Your assignment
Filter the entries, keeping every line with the word "back".

Source records
-*-*-
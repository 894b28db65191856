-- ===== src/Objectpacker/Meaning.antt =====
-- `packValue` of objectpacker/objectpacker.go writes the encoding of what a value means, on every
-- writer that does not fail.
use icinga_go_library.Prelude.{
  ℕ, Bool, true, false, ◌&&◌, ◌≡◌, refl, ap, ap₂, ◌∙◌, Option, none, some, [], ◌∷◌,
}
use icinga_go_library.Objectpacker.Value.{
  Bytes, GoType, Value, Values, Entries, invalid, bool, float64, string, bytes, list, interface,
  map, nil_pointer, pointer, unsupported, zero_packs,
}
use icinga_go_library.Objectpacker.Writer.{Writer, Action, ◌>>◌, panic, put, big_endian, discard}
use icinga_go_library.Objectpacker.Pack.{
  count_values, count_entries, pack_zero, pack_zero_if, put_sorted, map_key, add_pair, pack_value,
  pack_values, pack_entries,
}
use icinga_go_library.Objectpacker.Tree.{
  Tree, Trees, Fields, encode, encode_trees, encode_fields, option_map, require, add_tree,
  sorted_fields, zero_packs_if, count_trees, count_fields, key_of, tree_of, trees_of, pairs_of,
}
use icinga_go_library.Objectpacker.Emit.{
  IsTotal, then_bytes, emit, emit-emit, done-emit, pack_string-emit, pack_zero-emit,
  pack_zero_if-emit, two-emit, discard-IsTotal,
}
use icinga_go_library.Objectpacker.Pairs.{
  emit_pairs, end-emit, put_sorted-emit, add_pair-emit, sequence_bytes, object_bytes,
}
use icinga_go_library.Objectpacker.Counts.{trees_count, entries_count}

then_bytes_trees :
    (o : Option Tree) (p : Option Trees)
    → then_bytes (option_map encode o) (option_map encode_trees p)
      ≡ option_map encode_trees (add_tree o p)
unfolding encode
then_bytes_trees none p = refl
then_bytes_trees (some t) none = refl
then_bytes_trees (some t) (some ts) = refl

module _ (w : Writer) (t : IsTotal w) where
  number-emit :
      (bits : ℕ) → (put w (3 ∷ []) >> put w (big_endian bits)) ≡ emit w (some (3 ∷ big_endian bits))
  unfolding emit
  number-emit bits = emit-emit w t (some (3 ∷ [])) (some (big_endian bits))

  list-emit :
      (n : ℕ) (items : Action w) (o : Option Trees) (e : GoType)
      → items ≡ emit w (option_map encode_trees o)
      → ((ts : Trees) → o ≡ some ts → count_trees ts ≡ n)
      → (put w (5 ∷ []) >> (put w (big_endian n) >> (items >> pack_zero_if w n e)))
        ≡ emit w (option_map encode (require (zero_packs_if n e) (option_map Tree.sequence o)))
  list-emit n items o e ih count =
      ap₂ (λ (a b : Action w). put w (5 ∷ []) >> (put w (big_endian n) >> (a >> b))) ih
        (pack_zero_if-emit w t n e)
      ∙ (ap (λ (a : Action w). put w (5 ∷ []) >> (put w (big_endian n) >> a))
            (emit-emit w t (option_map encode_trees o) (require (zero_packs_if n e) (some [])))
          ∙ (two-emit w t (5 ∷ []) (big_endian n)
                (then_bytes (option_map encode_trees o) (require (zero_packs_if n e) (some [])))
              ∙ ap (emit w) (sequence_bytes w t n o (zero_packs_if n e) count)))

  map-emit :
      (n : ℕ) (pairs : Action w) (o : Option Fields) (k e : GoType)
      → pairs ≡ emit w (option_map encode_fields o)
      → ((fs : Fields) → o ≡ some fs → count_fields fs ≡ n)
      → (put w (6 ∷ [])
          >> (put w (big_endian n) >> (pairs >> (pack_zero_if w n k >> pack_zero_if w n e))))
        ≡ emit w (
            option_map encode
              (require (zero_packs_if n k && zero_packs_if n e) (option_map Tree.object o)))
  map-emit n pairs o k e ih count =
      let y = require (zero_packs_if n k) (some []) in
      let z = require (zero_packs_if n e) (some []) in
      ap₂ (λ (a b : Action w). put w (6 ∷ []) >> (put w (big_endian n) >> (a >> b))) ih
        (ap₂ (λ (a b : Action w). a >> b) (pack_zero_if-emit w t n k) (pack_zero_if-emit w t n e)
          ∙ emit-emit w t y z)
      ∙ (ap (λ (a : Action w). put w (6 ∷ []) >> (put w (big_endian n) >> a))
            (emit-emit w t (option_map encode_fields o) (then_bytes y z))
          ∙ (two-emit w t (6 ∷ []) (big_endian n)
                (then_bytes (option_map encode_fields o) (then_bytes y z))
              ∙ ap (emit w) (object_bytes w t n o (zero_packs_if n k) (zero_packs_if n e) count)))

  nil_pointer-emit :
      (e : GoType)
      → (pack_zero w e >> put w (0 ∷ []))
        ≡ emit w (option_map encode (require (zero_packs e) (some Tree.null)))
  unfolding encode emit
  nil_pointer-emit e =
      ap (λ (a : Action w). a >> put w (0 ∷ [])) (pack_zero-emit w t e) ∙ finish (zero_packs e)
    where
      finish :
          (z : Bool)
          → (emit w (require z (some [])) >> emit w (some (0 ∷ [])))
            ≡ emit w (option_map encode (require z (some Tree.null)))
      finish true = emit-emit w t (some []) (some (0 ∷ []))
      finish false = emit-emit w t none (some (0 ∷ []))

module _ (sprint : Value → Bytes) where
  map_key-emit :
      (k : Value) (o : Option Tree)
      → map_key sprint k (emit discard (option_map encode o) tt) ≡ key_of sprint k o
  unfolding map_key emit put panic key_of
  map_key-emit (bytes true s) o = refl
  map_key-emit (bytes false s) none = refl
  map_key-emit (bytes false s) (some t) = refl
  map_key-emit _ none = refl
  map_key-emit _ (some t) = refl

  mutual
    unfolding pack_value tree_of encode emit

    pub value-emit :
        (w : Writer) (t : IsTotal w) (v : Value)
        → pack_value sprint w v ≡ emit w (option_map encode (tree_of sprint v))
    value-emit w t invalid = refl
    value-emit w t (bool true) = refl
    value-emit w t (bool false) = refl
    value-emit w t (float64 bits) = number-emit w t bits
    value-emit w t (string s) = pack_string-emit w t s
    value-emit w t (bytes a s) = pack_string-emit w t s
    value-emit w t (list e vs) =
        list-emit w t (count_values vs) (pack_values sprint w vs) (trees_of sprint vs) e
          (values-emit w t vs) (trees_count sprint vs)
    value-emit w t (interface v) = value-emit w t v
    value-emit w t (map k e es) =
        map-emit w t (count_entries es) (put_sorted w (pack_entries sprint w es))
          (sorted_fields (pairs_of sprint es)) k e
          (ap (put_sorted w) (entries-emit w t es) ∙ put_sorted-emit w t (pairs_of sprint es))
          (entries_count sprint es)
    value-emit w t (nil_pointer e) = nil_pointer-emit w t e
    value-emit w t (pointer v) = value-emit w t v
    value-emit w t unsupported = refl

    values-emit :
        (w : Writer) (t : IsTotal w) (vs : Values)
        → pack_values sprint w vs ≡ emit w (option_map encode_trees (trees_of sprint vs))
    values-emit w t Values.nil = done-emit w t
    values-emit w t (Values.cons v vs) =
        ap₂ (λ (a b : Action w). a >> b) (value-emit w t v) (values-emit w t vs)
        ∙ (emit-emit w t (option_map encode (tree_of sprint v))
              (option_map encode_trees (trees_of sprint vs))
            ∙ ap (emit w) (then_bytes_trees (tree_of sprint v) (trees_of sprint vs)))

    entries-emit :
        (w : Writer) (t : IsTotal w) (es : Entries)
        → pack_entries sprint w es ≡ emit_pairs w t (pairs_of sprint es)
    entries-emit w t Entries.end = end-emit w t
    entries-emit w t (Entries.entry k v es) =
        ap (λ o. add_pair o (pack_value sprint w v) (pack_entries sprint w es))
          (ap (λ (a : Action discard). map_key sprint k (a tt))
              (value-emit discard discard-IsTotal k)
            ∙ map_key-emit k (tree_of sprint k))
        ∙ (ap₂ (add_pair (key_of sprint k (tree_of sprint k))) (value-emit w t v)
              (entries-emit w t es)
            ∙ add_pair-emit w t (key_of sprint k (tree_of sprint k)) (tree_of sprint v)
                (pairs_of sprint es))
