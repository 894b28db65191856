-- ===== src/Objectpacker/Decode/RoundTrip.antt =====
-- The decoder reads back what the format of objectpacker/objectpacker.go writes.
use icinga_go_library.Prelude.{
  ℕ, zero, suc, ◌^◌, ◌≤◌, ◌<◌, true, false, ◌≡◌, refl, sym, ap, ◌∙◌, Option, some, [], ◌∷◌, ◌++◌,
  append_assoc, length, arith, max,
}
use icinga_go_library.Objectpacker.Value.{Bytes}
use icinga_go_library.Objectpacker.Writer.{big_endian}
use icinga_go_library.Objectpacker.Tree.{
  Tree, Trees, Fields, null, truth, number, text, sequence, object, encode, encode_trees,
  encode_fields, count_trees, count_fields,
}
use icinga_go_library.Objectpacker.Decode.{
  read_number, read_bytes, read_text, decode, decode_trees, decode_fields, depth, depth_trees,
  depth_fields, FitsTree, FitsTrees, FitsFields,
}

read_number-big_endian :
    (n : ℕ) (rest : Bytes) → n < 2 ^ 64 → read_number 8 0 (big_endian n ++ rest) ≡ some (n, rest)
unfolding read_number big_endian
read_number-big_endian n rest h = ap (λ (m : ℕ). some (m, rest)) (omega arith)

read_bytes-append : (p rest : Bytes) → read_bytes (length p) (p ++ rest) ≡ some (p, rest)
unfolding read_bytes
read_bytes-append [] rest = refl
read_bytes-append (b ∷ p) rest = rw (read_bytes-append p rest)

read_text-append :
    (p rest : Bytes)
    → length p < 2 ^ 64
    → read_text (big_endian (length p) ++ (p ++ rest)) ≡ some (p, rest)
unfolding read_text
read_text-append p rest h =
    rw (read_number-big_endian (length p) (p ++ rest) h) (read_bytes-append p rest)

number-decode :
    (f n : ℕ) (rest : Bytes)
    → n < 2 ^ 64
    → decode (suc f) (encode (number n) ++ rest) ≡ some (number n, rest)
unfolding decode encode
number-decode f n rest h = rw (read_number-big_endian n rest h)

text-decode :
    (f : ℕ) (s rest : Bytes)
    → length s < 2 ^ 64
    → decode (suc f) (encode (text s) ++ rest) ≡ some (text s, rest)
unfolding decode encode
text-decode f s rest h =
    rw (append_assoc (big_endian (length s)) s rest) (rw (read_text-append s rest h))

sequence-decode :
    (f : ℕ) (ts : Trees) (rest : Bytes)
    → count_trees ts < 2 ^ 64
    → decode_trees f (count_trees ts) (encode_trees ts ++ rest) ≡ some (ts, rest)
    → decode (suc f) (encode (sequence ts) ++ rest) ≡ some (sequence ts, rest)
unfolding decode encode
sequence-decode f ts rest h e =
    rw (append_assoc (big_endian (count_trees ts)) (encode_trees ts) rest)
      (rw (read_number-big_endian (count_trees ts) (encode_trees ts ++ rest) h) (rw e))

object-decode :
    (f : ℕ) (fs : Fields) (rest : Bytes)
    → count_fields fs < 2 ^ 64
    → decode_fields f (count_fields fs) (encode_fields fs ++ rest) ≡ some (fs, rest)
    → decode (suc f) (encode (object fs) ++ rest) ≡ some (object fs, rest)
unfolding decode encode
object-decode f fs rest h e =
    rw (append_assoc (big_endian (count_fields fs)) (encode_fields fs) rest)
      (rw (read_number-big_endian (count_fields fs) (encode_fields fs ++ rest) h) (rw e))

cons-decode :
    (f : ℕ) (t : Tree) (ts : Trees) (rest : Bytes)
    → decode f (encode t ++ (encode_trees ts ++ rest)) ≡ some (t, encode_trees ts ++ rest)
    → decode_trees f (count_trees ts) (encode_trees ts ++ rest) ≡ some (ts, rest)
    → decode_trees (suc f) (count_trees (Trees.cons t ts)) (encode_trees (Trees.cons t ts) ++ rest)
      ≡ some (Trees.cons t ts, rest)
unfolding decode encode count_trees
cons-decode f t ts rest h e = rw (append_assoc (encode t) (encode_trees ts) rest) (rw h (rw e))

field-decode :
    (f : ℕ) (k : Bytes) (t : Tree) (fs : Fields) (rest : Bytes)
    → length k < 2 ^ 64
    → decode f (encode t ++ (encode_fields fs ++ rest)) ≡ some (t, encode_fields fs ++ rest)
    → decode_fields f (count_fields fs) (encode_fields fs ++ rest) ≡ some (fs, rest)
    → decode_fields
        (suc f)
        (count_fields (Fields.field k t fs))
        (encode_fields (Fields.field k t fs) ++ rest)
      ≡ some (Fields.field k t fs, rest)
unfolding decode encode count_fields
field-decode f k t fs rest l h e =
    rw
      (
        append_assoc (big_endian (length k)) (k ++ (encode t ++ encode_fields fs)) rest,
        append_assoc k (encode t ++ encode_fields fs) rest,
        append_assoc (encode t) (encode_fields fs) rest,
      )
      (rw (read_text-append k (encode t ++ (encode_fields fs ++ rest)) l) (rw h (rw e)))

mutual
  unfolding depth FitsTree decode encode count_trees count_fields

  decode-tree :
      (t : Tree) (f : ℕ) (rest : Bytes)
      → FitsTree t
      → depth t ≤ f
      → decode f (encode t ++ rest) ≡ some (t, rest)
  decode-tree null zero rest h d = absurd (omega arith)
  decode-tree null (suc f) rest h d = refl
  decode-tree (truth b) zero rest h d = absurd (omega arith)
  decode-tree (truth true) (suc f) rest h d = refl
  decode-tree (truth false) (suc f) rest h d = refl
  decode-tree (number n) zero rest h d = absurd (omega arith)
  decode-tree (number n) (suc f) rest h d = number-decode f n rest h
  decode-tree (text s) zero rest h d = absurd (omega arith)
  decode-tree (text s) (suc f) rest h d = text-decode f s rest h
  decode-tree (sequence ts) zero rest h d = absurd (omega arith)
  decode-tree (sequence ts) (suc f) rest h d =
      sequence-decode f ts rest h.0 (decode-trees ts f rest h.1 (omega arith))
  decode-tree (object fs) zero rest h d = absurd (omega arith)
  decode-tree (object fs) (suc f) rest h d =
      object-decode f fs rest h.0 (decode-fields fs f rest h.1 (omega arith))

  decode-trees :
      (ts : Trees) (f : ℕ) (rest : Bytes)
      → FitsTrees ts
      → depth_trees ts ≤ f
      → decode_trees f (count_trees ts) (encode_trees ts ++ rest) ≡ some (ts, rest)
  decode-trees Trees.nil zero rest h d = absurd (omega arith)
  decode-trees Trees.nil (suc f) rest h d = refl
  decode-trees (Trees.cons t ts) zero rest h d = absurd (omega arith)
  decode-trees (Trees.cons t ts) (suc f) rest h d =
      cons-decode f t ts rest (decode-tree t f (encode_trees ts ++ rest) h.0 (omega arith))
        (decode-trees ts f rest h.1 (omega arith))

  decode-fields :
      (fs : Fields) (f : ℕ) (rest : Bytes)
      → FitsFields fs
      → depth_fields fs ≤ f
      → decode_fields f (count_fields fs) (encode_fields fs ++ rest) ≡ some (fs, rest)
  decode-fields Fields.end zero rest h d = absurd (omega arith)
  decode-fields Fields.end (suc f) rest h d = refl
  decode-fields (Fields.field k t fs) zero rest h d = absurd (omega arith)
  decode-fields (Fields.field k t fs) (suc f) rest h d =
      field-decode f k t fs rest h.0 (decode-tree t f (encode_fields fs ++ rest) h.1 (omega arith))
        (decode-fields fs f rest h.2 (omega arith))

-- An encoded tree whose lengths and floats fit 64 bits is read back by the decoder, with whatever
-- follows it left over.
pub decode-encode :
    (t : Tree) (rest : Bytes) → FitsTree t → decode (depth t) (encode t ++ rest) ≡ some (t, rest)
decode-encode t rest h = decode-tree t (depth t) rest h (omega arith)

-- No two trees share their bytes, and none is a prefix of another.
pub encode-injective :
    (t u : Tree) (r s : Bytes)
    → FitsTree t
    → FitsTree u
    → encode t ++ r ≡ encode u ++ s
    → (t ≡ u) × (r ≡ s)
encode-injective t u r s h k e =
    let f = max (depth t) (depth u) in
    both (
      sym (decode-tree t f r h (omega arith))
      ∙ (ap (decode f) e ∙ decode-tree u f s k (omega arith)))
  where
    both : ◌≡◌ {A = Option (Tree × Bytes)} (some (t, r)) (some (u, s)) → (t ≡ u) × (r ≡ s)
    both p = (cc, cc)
-*-*-
Reply to the exercise
-- The decoder reads back what the format of objectpacker/objectpacker.go writes.
-- An encoded tree whose lengths and floats fit 64 bits is read back by the decoder, with whatever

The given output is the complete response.